Study: Identification of human gut bacteria that produce bioactive serotonin and promote colonic innervation.

In a recent study published in the journal Cell referencesresearchers identified human intestinal substances that decarboxylate 5-hydroxytryptophan (5-HTP) to produce serotonin.

Serotonin is an important signaling molecule in the gut, mediating gastrointestinal functions such as vasodilation, visceral sensitivity, and peristalsis. Abnormal serotonin signaling is involved IBS pathogenesis. The gut accounts for about 95% of the body’s serotonin pool. Mammalian enterochromaffin cells produce serotonin from tryptophan (Trp).

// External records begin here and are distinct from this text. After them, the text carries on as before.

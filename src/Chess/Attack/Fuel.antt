-- ===== src/Chess/Attack/Fuel.antt =====
-- Eight rounds take a line off the board.
use plywise.Chess.Attack.{Offset, line_attacks, king_offsets}
use plywise.Chess.Board.{Board}
use plywise.Chess.Piece.{Color}
use plywise.Chess.Square.{on_board}
use plywise.Prelude.Int.{ℤ, pos, negsuc, ◌+ℤ◌}
use plywise.Prelude.{
  Bool, ℕ, zero, suc, ◌+◌, ◌≤◌, ◌<◌, ◌≡◌, refl, sym, ◌∙◌, subst, true, false, inl, inr, arith,
  Bool-cases, ltb, All,
}

-- The line is off the board after this many steps at most.
unfoldable pub Leaves : ℕ → Offset → ℤ → ℤ → Type 0
Leaves zero d file rank = on_board file rank ≡ false
Leaves (suc k) d file rank = (on_board file rank ≡ true) → Leaves k d (file +ℤ d.0) (rank +ℤ d.1)

off-Leaves :
    (k : ℕ) (d : Offset) (file rank : ℤ) → on_board file rank ≡ false → Leaves k d file rank
unfolding Leaves
off-Leaves zero d file rank h = h
off-Leaves (suc k) d file rank h = λ on. absurd (ground (arith, h, on))

next_up : (x : ℕ) → pos x +ℤ pos 1 ≡ pos (x + 1)
unfolding ◌+ℤ◌
next_up x = ground arith

next_down : (x : ℕ) → pos (suc x) +ℤ negsuc 0 ≡ pos x
unfolding ◌+ℤ◌
next_down x = ground arith

below_off : (rank : ℤ) → on_board (pos 0 +ℤ negsuc 0) rank ≡ false
unfolding on_board ◌+ℤ◌
below_off rank = refl

under_off : (file : ℤ) → on_board file (pos 0 +ℤ negsuc 0) ≡ false
unfolding on_board ◌+ℤ◌
under_off file = ground arith

right_off : (x : ℕ) (rank : ℤ) → 8 ≤ x → on_board (pos x) rank ≡ false
unfolding on_board
right_off x rank h = ground arith

over_off : (x : ℕ) (file : ℤ) → 8 ≤ x → on_board file (pos x) ≡ false
unfolding on_board
over_off x file h = ground arith

file_up : (k x : ℕ) (dy rank : ℤ) → 8 ≤ k + x → Leaves k (pos 1, dy) (pos x) rank
unfolding Leaves
file_up zero x dy rank h = right_off x rank (omega arith)
file_up (suc k) x dy rank h = λ on.
    subst (λ f. Leaves k (pos 1, dy) f (rank +ℤ dy)) (sym (next_up x))
      (file_up k (x + 1) dy (rank +ℤ dy) (omega arith))

file_down : (k x : ℕ) (dy rank : ℤ) → x < k → Leaves k (negsuc 0, dy) (pos x) rank
unfolding Leaves
file_down zero x dy rank h = absurd (omega arith)
file_down (suc k) zero dy rank h =
    λ on. off-Leaves k (negsuc 0, dy) (pos 0 +ℤ negsuc 0) (rank +ℤ dy) (below_off (rank +ℤ dy))
file_down (suc k) (suc x) dy rank h = λ on.
    subst (λ f. Leaves k (negsuc 0, dy) f (rank +ℤ dy)) (sym (next_down x))
      (file_down k x dy (rank +ℤ dy) (omega arith))

rank_up : (k x : ℕ) (dx file : ℤ) → 8 ≤ k + x → Leaves k (dx, pos 1) file (pos x)
unfolding Leaves
rank_up zero x dx file h = over_off x file (omega arith)
rank_up (suc k) x dx file h = λ on.
    subst (Leaves k (dx, pos 1) (file +ℤ dx)) (sym (next_up x))
      (rank_up k (x + 1) dx (file +ℤ dx) (omega arith))

rank_down : (k x : ℕ) (dx file : ℤ) → x < k → Leaves k (dx, negsuc 0) file (pos x)
unfolding Leaves
rank_down zero x dx file h = absurd (omega arith)
rank_down (suc k) zero dx file h =
    λ on. off-Leaves k (dx, negsuc 0) (file +ℤ dx) (pos 0 +ℤ negsuc 0) (under_off (file +ℤ dx))
rank_down (suc k) (suc x) dx file h = λ on.
    subst (Leaves k (dx, negsuc 0) (file +ℤ dx)) (sym (next_down x))
      (rank_down k x dx (file +ℤ dx) (omega arith))

off_attacks :
    (n : ℕ) (b : Board) (by : Color) (diagonal : Bool) (d : Offset) (file rank : ℤ) (distance : ℕ)
    → on_board file rank ≡ false
    → line_attacks n b by diagonal d file rank distance ≡ false
unfolding line_attacks
off_attacks zero b by diagonal d file rank distance h = refl
off_attacks (suc n) b by diagonal d file rank distance h = rw h refl

-- Two amounts of fuel that are both enough give the same.
line_attacks-Leaves :
    (k n m : ℕ) (b : Board) (by : Color) (diagonal : Bool) (d : Offset) (file rank : ℤ)
    (distance : ℕ)
    → Leaves k d file rank
    → k ≤ n
    → k ≤ m
    → line_attacks n b by diagonal d file rank distance
      ≡ line_attacks m b by diagonal d file rank distance
unfolding line_attacks Leaves
line_attacks-Leaves zero n m b by diagonal d file rank distance l p q =
    off_attacks n b by diagonal d file rank distance l
    ∙ sym (off_attacks m b by diagonal d file rank distance l)
line_attacks-Leaves (suc k) zero m b by diagonal d file rank distance l p q = absurd (omega arith)
line_attacks-Leaves (suc k) (suc n) zero b by diagonal d file rank distance l p q =
    absurd (omega arith)
line_attacks-Leaves (suc k) (suc n) (suc m) b by diagonal d file rank distance l p q =
    elim (Bool-cases (on_board file rank)) [
      | inl on ↦
          rw
            (
              on,
              line_attacks-Leaves k n m b by diagonal d (file +ℤ d.0) (rank +ℤ d.1) (distance + 1)
                  (l on) (omega arith) (omega arith),
            )
            refl
      | inr off ↦ rw off refl
    ]

-- A step to the next file or rank, as each of the eight directions is.
pub data IsUnit : Offset → Type 0 where
  to_right : {dy : ℤ} → IsUnit (pos 1, dy)
  to_left : {dy : ℤ} → IsUnit (negsuc 0, dy)
  upwards : {dx : ℤ} → IsUnit (dx, pos 1)
  downwards : {dx : ℤ} → IsUnit (dx, negsuc 0)

negative_file : (n : ℕ) (rank : ℤ) → on_board (negsuc n) rank ≡ false
unfolding on_board
negative_file n rank = refl

negative_rank : (n : ℕ) (file : ℤ) → on_board file (negsuc n) ≡ false
unfolding on_board
negative_rank n file = ground arith

pub unit-Leaves : (d : Offset) (file rank : ℤ) → IsUnit d → Leaves 8 d file rank
unit-Leaves d (negsuc n) rank u = off-Leaves 8 d (negsuc n) rank (negative_file n rank)
unit-Leaves d (pos x) (negsuc n) u = off-Leaves 8 d (pos x) (negsuc n) (negative_rank n (pos x))
unit-Leaves d (pos x) (pos y) (to_right {dy}) = file_up 8 x dy (pos y) (omega arith)
unit-Leaves d (pos x) (pos y) (to_left {dy}) = elim (Bool-cases (ltb x 8)) [
  | inl on ↦ file_down 8 x dy (pos y) (ground arith)
  | inr off ↦ off-Leaves 8 (negsuc 0, dy) (pos x) (pos y) (right_off x (pos y) (ground arith))
]
unit-Leaves d (pos x) (pos y) (upwards {dx}) = rank_up 8 y dx (pos x) (omega arith)
unit-Leaves d (pos x) (pos y) (downwards {dx}) = elim (Bool-cases (ltb y 8)) [
  | inl on ↦ rank_down 8 y dx (pos x) (ground arith)
  | inr off ↦ off-Leaves 8 (dx, negsuc 0) (pos x) (pos y) (over_off y (pos x) (ground arith))
]

-- Along each of the eight directions, from anywhere, eight rounds of the loop of `is_square_attacked`
-- are enough: more give the same answer.
pub line_attacks-enough :
    (n : ℕ) (b : Board) (by : Color) (diagonal : Bool) (d : Offset) (file rank : ℤ) (distance : ℕ)
    → IsUnit d
    → 8 ≤ n
    → line_attacks n b by diagonal d file rank distance
      ≡ line_attacks 8 b by diagonal d file rank distance
line_attacks-enough n b by diagonal d file rank distance u h =
    line_attacks-Leaves 8 n 8 b by diagonal d file rank distance (unit-Leaves d file rank u) h
      (omega arith)

pub king_offsets-All : All IsUnit king_offsets
king_offsets-All =
    (to_right, (to_left, (upwards, (downwards, (to_right, (to_right, (to_left, (to_left, tt))))))))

Studies have shown that the gut microbiota up-regulates the host’s production of serotonin Tph1 expression. Disrupting the gut microbiota with the use of antibiotics has been shown to shrink the colon Tph1 expression and serotonin levels. While serotonin has been detected in culture media of facultative anaerobes, incl Escherichia colithere is no evidence for microbial production of serotonin in the gut. However, in this study, microbial serotonin was derived from decarboxylation of 5-HTP and not from hydroxylation of Trp to 5-HTP.

The study and findings

The present study identified human gut bacteria that produce serotonin. First, the researchers compared serum and fecal serotonin levels Tph1– incomplete (Tph1-/-) and wild type (Tph1+/+) raised conventionally (CONV-R) and germ-free (GF) mice. Both serum and faecal serotonin levels were lower Tph1-/- relative to Tph1+/+ CONV-R mice. Tph1+/+ GF mice had lower serotonin levels than Tph1+/+ CONV-R mice.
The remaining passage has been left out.